Unfortunately while I should be able to ask for stable right away for what concerns time and bugs, there are a few dependencies, which include libtool 2.2 which is not stable yet (and I think it should be, the tinderbox haven’t found many libtool 2.2 bugs lately and quite a few packages started requiring that, rather than just a generic libtool that 1.5 is compatible with).

I still have no real plans for the realtime support; while Lennart released rtkit (does anybody find it concerning that Linux started having packages with names vaguely similar to those from Apple’s OS X?), it needs a patched kernel, which means I should probably be pestering our kernel team to get those patches included before we can actually provide it, even optionally.

This week I hope to be able to work on mpd too, so that the Gentoo packaging plays nice with PulseAudio (right now the fact that you have to run it with a different user forces you to use a systemwide instance).

Slimming down the portage tree

So while I’ve got the tinderbox turned off I’ve been taking care of a few different QA duties that I’m probably not supposed to do but I’m sure to help Gentoo.

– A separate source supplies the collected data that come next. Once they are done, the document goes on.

-- ===== src/Store/Memory/Index.antt =====
-- internal/correlate/store.go: the download index of `memoryStore` after a second grab. `Delete`
-- removes the entry of the record's last download alone.
use tracearr.Prelude.{
  ◌≡◌, false, String, some, ◌==◌, string_eq, beq_refl, Bool-cases, inl, inr, ◌∙◌,
}
use tracearr.Prelude.Map
use tracearr.Prelude.Map.{get-insert, get-delete}
use tracearr.Event.{MediaKey, key_eq}
use tracearr.Store.Records.{TraceState}
use tracearr.Store.Memory.{MemoryStore, put, delete, unindex, get_by_download_id}

indexed-put :
    (m : MemoryStore) (t : TraceState) (id : String)
    → (t.download_id == id) ≡ false
    → Map.get id (put m t).by_dlid ≡ Map.get id m.by_dlid
unfolding put
indexed-put m t id other = elim (Bool-cases (t.download_id == "")) [
  | inl unnamed ↦ rw unnamed
  | inr named ↦ rw (named, get-insert t.download_id id t.key m.by_dlid, other)
]

indexed-put_self :
    (m : MemoryStore) (t : TraceState)
    → (t.download_id == "") ≡ false
    → Map.get t.download_id (put m t).by_dlid ≡ some t.key
unfolding put
indexed-put_self m t named =
    rw (named, get-insert t.download_id t.download_id t.key m.by_dlid, beq_refl t.download_id)

indexed-delete :
    (m : MemoryStore) (t : TraceState) (k : MediaKey) (id : String)
    → Map.get k m.by_key ≡ some t
    → (t.download_id == id) ≡ false
    → Map.get id (delete m k).by_dlid ≡ Map.get id m.by_dlid
unfolding delete unindex
indexed-delete m t k id there other = rw there (elim (Bool-cases (t.download_id == "")) [
  | inl unnamed ↦ rw unnamed
  | inr named ↦ rw (named, get-delete t.download_id id m.by_dlid, other)
])

stored-put :
    (m : MemoryStore) (t : TraceState) (k : MediaKey)
    → t.key ≡ k
    → Map.get k (put m t).by_key ≡ some t
unfolding put
stored-put m t k at_key = rw (get-insert t.key k t m.by_key, at_key, beq_refl k)

-- A record of a key is put with one download and again with another, and the key is deleted. The
-- first download is still in the index: a later record of the key, which never had that download,
-- is found by it.
pub found-regrabbed :
    (m : MemoryStore) (first second later : TraceState)
    → second.key ≡ first.key
    → later.key ≡ first.key
    → (first.download_id == "") ≡ false
    → (second.download_id == first.download_id) ≡ false
    → (later.download_id == first.download_id) ≡ false
    → get_by_download_id (put (delete (put (put m first) second) first.key) later) first.download_id
      ≡ some later
unfolding get_by_download_id
found-regrabbed m first second later same_key later_key named other unnamed =
    let m₁ = put m first in
    let m₂ = put m₁ second in
    let m₃ = delete m₂ first.key in
    let indexed : Map.get first.download_id (put m₃ later).by_dlid ≡ some first.key =
      indexed-put m₃ later first.download_id unnamed
      ∙ indexed-delete m₂ second first.key first.download_id
          (stored-put m₁ second first.key same_key) other
      ∙ indexed-put m₁ second first.download_id other
      ∙ indexed-put_self m first named in
    rw (named, indexed) (stored-put m₃ later first.key later_key)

I’m actually pretty sure that this kind of tasks might actually be even more interesting for users than what I’ve been doing with the tinderbox.

While the tinderbox’s main goal is to be able to find the broken software that is in the tree, this usually produces just a lot of work for other developers (bugs to fix) and a few extra side-effects like identifying smaller QA violations and some very broken package that I have been last riting and that will be removed over the course of the next two months.

On the other hand, the manual analysis I’ve been doing tonight aims to check the actual stuff that is added to the tree, like binary files or big files directories. For those wondering why I’m on a crusade against binary files in the tree, I have to say that first of all, CVS makes it difficult to handle binary files, and this makes them unsuitable for being added to the tree. Additionally, binary files in the tree often mean there is something else broken with the packages: compressed big patches (that still keep big) and huge, messed up files directory with unused content, and stuff like that.

I’ve been able to shave a few kilobytes off the tree by moving a few files on the mirrors and removing the big files from the tree; but I’ve also started sending last rites for the packages that have this kind of issues and I don’t see as being ready to be fixed sometime soon. Interestingly enough, it turns out like there is enough cross-over between the packages that fail, that have QA issues and that are polluting the tree with too-big files directories and so on.

So please don’t get mad at me again if I masked for removal a package you use: if you want to keep it in the tree, please get it fixed.